- _Aim of the task_
Your job is to write out each record precisely as it stands.
** Information supplied follows **
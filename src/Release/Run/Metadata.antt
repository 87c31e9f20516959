-- ===== src/Release/Run/Metadata.antt =====
-- The output of a run is not in the metadata of Git.
use cross_session_codex.Common.{
  ◌≡◌, refl, subst, Bool, true, false, not, ◌&&◌, List, [], ◌∷◌, ◌++◌, append-nil, some, ◌==◌,
  ==_iff, arith, Bytes, All, codes,
}
use cross_session_codex.Bytes.{join_with}
use cross_session_codex.Bytes.Cut.{same_bytes_refl}
use cross_session_codex.Release.Outside.{World, Outside, require, pure, text, resolve, ◌>>◌}
use cross_session_codex.Path.{
  rel, elements, is_abs, stays_below, after_common, put_together, join, dir,
}
use cross_session_codex.Path.Cleaning.{IsPlain, elements-IsPlain}
use cross_session_codex.Release.Checks.{
  outside_all, safe_output, safe_output_within, rounds_for, existing, metadata_dir,
}
use cross_session_codex.Release.Run.Published.{both_returned, required}

-- The path is the directory or stands below it.
abbrev pub IsWithin : Bytes → Bytes → Type 0
IsWithin directory path = (es : List Bytes) × (elements path ≡ elements directory ++ es)

after_common-append : (ds es : List Bytes) → after_common ds (ds ++ es) ≡ ([], es)
after_common-append [] es = refl
after_common-append (d ∷ ds) es = rw (same_bytes_refl d) (after_common-append ds es)

-- The text of a plain element does not start by climbing, where nothing or a slash follows it.
abbrev is_end : Bytes → Bool
is_end [] = true
is_end (b ∷ bs) = b == b'/'

plain-stays_below :
    (x rest : Bytes) → IsPlain x → is_end rest ≡ true → stays_below (x ++ rest) ≡ true
plain-stays_below [] rest ok h = let k = ok.not_empty in absurd cc
plain-stays_below (a ∷ []) [] ok h = ground (arith, ok.not_dot)
plain-stays_below (a ∷ []) (r ∷ rs) ok h =
    ground (arith, ==_iff r b'/', ==_iff b'.' r, ==_iff r b'.')
plain-stays_below (a ∷ b ∷ []) [] ok h = ground (arith, ok.not_dot_dot)
plain-stays_below (a ∷ b ∷ []) (r ∷ rs) ok h =
    ground (arith, ok.not_dot_dot, ==_iff a b'.', ==_iff b'.' a, ==_iff b b'.', ==_iff b'.' b)
plain-stays_below (a ∷ b ∷ c ∷ cs) rest ok h =
    ground (arith, ok.no_slash, ==_iff c b'/', ==_iff b'/' c)

plain_text-stays_below :
    (es : List Bytes) → All IsPlain es → stays_below (put_together false es) ≡ true
unfolding join_with
plain_text-stays_below [] h = refl
plain_text-stays_below (x ∷ []) (h, _) =
    subst (λ (t : Bytes). stays_below t ≡ true) (append-nil x) (plain-stays_below x [] h refl)
plain_text-stays_below (x ∷ y ∷ ys) (h, _) =
    plain-stays_below x (b'/' ∷ join_with b'/' (y ∷ ys)) h refl

All-end : (P : Bytes → Type 0) (xs ys : List Bytes) → All P (xs ++ ys) → All P ys
All-end P [] ys h = h
All-end P (x ∷ xs) ys (_, h) = All-end P xs ys h

within-stays_below : (d o : Bytes) → is_abs o ≡ true → IsWithin d o → stays_below (rel d o) ≡ true
within-stays_below d o a (es, e) =
    let plain : All IsPlain (elements d ++ es) = subst (All IsPlain) e (elements-IsPlain o a) in
    rw e (
      rw (after_common-append (elements d) es)
        (plain_text-stays_below es (All-end IsPlain (elements d) es plain)))

outside-not_within :
    (d o : Bytes) → is_abs o ≡ true → stays_below (rel d o) ≡ false → IsWithin d o → ⊥
outside-not_within d o a h k = let e = within-stays_below d o a k in cc

-- The output is outside of the three directories of Git's metadata.
pub record IsClear (outside : Outside) (root o : Bytes) : Type 0 where
  pub own : Bytes
  pub common : Bytes
  pub then_own : World
  pub then_common : World
  pub own_lem : (metadata_dir root "--absolute-git-dir" outside then_own).0 ≡ some own
  pub common_lem : (metadata_dir root "--git-common-dir" outside then_common).0 ≡ some common
  pub not_in_dot_git : ¬ IsWithin (join root (codes ".git")) o
  pub not_in_own : ¬ IsWithin own o
  pub not_in_common : ¬ IsWithin common o

not-true : (b c : Bool) → (not b && c) ≡ true → (b ≡ false) × (c ≡ true)
not-true true c h = absurd cc
not-true false c h = (refl, h)

outside_all-All :
    (o : Bytes) (ds : List Bytes)
    → outside_all o ds ≡ true
    → All (λ d. stays_below (rel d o) ≡ false) ds
outside_all-All o [] h = tt
outside_all-All o (d ∷ ds) h =
    let (now, later) = not-true (stays_below (rel d o)) (outside_all o ds) h in
    (now, outside_all-All o ds later)

accepted :
    (given o : Bytes) (ds : List Bytes) (outside : Outside) (w : World)
    → ((require (outside_all given ds) >> pure given) outside w).0 ≡ some o
    → outside_all o ds ≡ true
unfolding pure
accepted given o ds outside w h =
    let (u, e, k) =
      both_returned (require (outside_all given ds)) (λ _. pure given) outside w o h in
    let same : given ≡ o = cc in
    subst (λ (x : Bytes). outside_all x ds ≡ true) same (required _ outside w u e)

-- If safeOutput accepts an absolute path, whatever the system answers, that path is not within .git of
-- the root, nor within the directories that Git named as its own and as the common one.
pub safe_output-IsClear :
    (outside : Outside) (w : World) (root output o : Bytes)
    → (safe_output root output outside w).0 ≡ some o
    → is_abs o ≡ true
    → IsClear outside root o
unfolding safe_output safe_output_within
safe_output-IsClear outside w root output o h a =
    let (found, e1, h1) =
      both_returned (existing (rounds_for output) (dir output) []) _ outside w o h in
    let w1 : World = (existing (rounds_for output) (dir output) [] outside w).1 in
    let (parent, e2, h2) = both_returned (text (resolve found.0)) _ outside w1 o h1 in
    let w2 : World = (text (resolve found.0) outside w1).1 in
    let (own, e3, h3) = both_returned (metadata_dir root "--absolute-git-dir") _ outside w2 o h2 in
    let w3 : World = (metadata_dir root "--absolute-git-dir" outside w2).1 in
    let (common, e4, h4) = both_returned (metadata_dir root "--git-common-dir") _ outside w3 o h3 in
    let w4 : World = (metadata_dir root "--git-common-dir" outside w3).1 in
    let ds : List Bytes = join root (codes ".git") ∷ own ∷ common ∷ [] in
    let (first, (second, (third, _))) = outside_all-All o ds (accepted _ o ds outside w4 h4) in
    record {
      own = own;
      common = common;
      then_own = w2;
      then_common = w3;
      own_lem = e3;
      common_lem = e4;
      not_in_dot_git = outside-not_within (join root (codes ".git")) o a first;
      not_in_own = outside-not_within own o a second;
      not_in_common = outside-not_within common o a third;
    }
** End of Information supplied **
- _Your response_
filename src/Release/Run/Metadata.antt
repository 87c31e9f20516959
-- ===== src/Release/Run/Metadata.antt =====
-- The output of a run is not in the metadata of Git.
use cross_session_codex.Common.{
  ◌≡◌, refl, subst, Bool, true, false, not, ◌&&◌, List, [], ◌∷◌, ◌++◌, append-nil, some, ◌==◌,
  ==_iff, arith, Bytes, All, codes,
}
use cross_session_codex.Bytes.{join_with}
use cross_session_codex.Bytes.Cut.{same_bytes_refl}
use cross_session_codex.Release.Outside.{World, Outside, require, pure, text, resolve, ◌>>◌}
use cross_session_codex.Path.{
  rel, elements, is_abs, stays_below, after_common, put_together, join, dir,
}
use cross_session_codex.Path.Cleaning.{IsPlain, elements-IsPlain}
use cross_session_codex.Release.Checks.{
  outside_all, safe_output, safe_output_within, rounds_for, existing, metadata_dir,
}
use cross_session_codex.Release.Run.Published.{both_returned, required}

-- The path is the directory or stands below it.
abbrev pub IsWithin : Bytes → Bytes → Type 0
IsWithin directory path = (es : List Bytes) × (elements path ≡ elements directory ++ es)

after_common-append : (ds es : List Bytes) → after_common ds (ds ++ es) ≡ ([], es)
after_common-append [] es = refl
after_common-append (d ∷ ds) es = rw (same_bytes_refl d) (after_common-append ds es)

-- The text of a plain element does not start by climbing, where nothing or a slash follows it.
abbrev is_end : Bytes → Bool
is_end [] = true
is_end (b ∷ bs) = b == b'/'

plain-stays_below :
    (x rest : Bytes) → IsPlain x → is_end rest ≡ true → stays_below (x ++ rest) ≡ true
plain-stays_below [] rest ok h = let k = ok.not_empty in absurd cc
plain-stays_below (a ∷ []) [] ok h = ground (arith, ok.not_dot)
plain-stays_below (a ∷ []) (r ∷ rs) ok h =
    ground (arith, ==_iff r b'/', ==_iff b'.' r, ==_iff r b'.')
plain-stays_below (a ∷ b ∷ []) [] ok h = ground (arith, ok.not_dot_dot)
plain-stays_below (a ∷ b ∷ []) (r ∷ rs) ok h =
    ground (arith, ok.not_dot_dot, ==_iff a b'.', ==_iff b'.' a, ==_iff b b'.', ==_iff b'.' b)
plain-stays_below (a ∷ b ∷ c ∷ cs) rest ok h =
    ground (arith, ok.no_slash, ==_iff c b'/', ==_iff b'/' c)

plain_text-stays_below :
    (es : List Bytes) → All IsPlain es → stays_below (put_together false es) ≡ true
unfolding join_with
plain_text-stays_below [] h = refl
plain_text-stays_below (x ∷ []) (h, _) =
    subst (λ (t : Bytes). stays_below t ≡ true) (append-nil x) (plain-stays_below x [] h refl)
plain_text-stays_below (x ∷ y ∷ ys) (h, _) =
    plain-stays_below x (b'/' ∷ join_with b'/' (y ∷ ys)) h refl

All-end : (P : Bytes → Type 0) (xs ys : List Bytes) → All P (xs ++ ys) → All P ys
All-end P [] ys h = h
All-end P (x ∷ xs) ys (_, h) = All-end P xs ys h

within-stays_below : (d o : Bytes) → is_abs o ≡ true → IsWithin d o → stays_below (rel d o) ≡ true
within-stays_below d o a (es, e) =
    let plain : All IsPlain (elements d ++ es) = subst (All IsPlain) e (elements-IsPlain o a) in
    rw e (
      rw (after_common-append (elements d) es)
        (plain_text-stays_below es (All-end IsPlain (elements d) es plain)))

outside-not_within :
    (d o : Bytes) → is_abs o ≡ true → stays_below (rel d o) ≡ false → IsWithin d o → ⊥
outside-not_within d o a h k = let e = within-stays_below d o a k in cc

-- The output is outside of the three directories of Git's metadata.
pub record IsClear (outside : Outside) (root o : Bytes) : Type 0 where
  pub own : Bytes
  pub common : Bytes
  pub then_own : World
  pub then_common : World
  pub own_lem : (metadata_dir root "--absolute-git-dir" outside then_own).0 ≡ some own
  pub common_lem : (metadata_dir root "--git-common-dir" outside then_common).0 ≡ some common
  pub not_in_dot_git : ¬ IsWithin (join root (codes ".git")) o
  pub not_in_own : ¬ IsWithin own o
  pub not_in_common : ¬ IsWithin common o

not-true : (b c : Bool) → (not b && c) ≡ true → (b ≡ false) × (c ≡ true)
not-true true c h = absurd cc
not-true false c h = (refl, h)

outside_all-All :
    (o : Bytes) (ds : List Bytes)
    → outside_all o ds ≡ true
    → All (λ d. stays_below (rel d o) ≡ false) ds
outside_all-All o [] h = tt
outside_all-All o (d ∷ ds) h =
    let (now, later) = not-true (stays_below (rel d o)) (outside_all o ds) h in
    (now, outside_all-All o ds later)

accepted :
    (given o : Bytes) (ds : List Bytes) (outside : Outside) (w : World)
    → ((require (outside_all given ds) >> pure given) outside w).0 ≡ some o
    → outside_all o ds ≡ true
unfolding pure
accepted given o ds outside w h =
    let (u, e, k) =
      both_returned (require (outside_all given ds)) (λ _. pure given) outside w o h in
    let same : given ≡ o = cc in
    subst (λ (x : Bytes). outside_all x ds ≡ true) same (required _ outside w u e)

-- If safeOutput accepts an absolute path, whatever the system answers, that path is not within .git of
-- the root, nor within the directories that Git named as its own and as the common one.
pub safe_output-IsClear :
    (outside : Outside) (w : World) (root output o : Bytes)
    → (safe_output root output outside w).0 ≡ some o
    → is_abs o ≡ true
    → IsClear outside root o
unfolding safe_output safe_output_within
safe_output-IsClear outside w root output o h a =
    let (found, e1, h1) =
      both_returned (existing (rounds_for output) (dir output) []) _ outside w o h in
    let w1 : World = (existing (rounds_for output) (dir output) [] outside w).1 in
    let (parent, e2, h2) = both_returned (text (resolve found.0)) _ outside w1 o h1 in
    let w2 : World = (text (resolve found.0) outside w1).1 in
    let (own, e3, h3) = both_returned (metadata_dir root "--absolute-git-dir") _ outside w2 o h2 in
    let w3 : World = (metadata_dir root "--absolute-git-dir" outside w2).1 in
    let (common, e4, h4) = both_returned (metadata_dir root "--git-common-dir") _ outside w3 o h3 in
    let w4 : World = (metadata_dir root "--git-common-dir" outside w3).1 in
    let ds : List Bytes = join root (codes ".git") ∷ own ∷ common ∷ [] in
    let (first, (second, (third, _))) = outside_all-All o ds (accepted _ o ds outside w4 h4) in
    record {
      own = own;
      common = common;
      then_own = w2;
      then_common = w3;
      own_lem = e3;
      common_lem = e4;
      not_in_dot_git = outside-not_within (join root (codes ".git")) o a first;
      not_in_own = outside-not_within own o a second;
      not_in_common = outside-not_within common o a third;
    }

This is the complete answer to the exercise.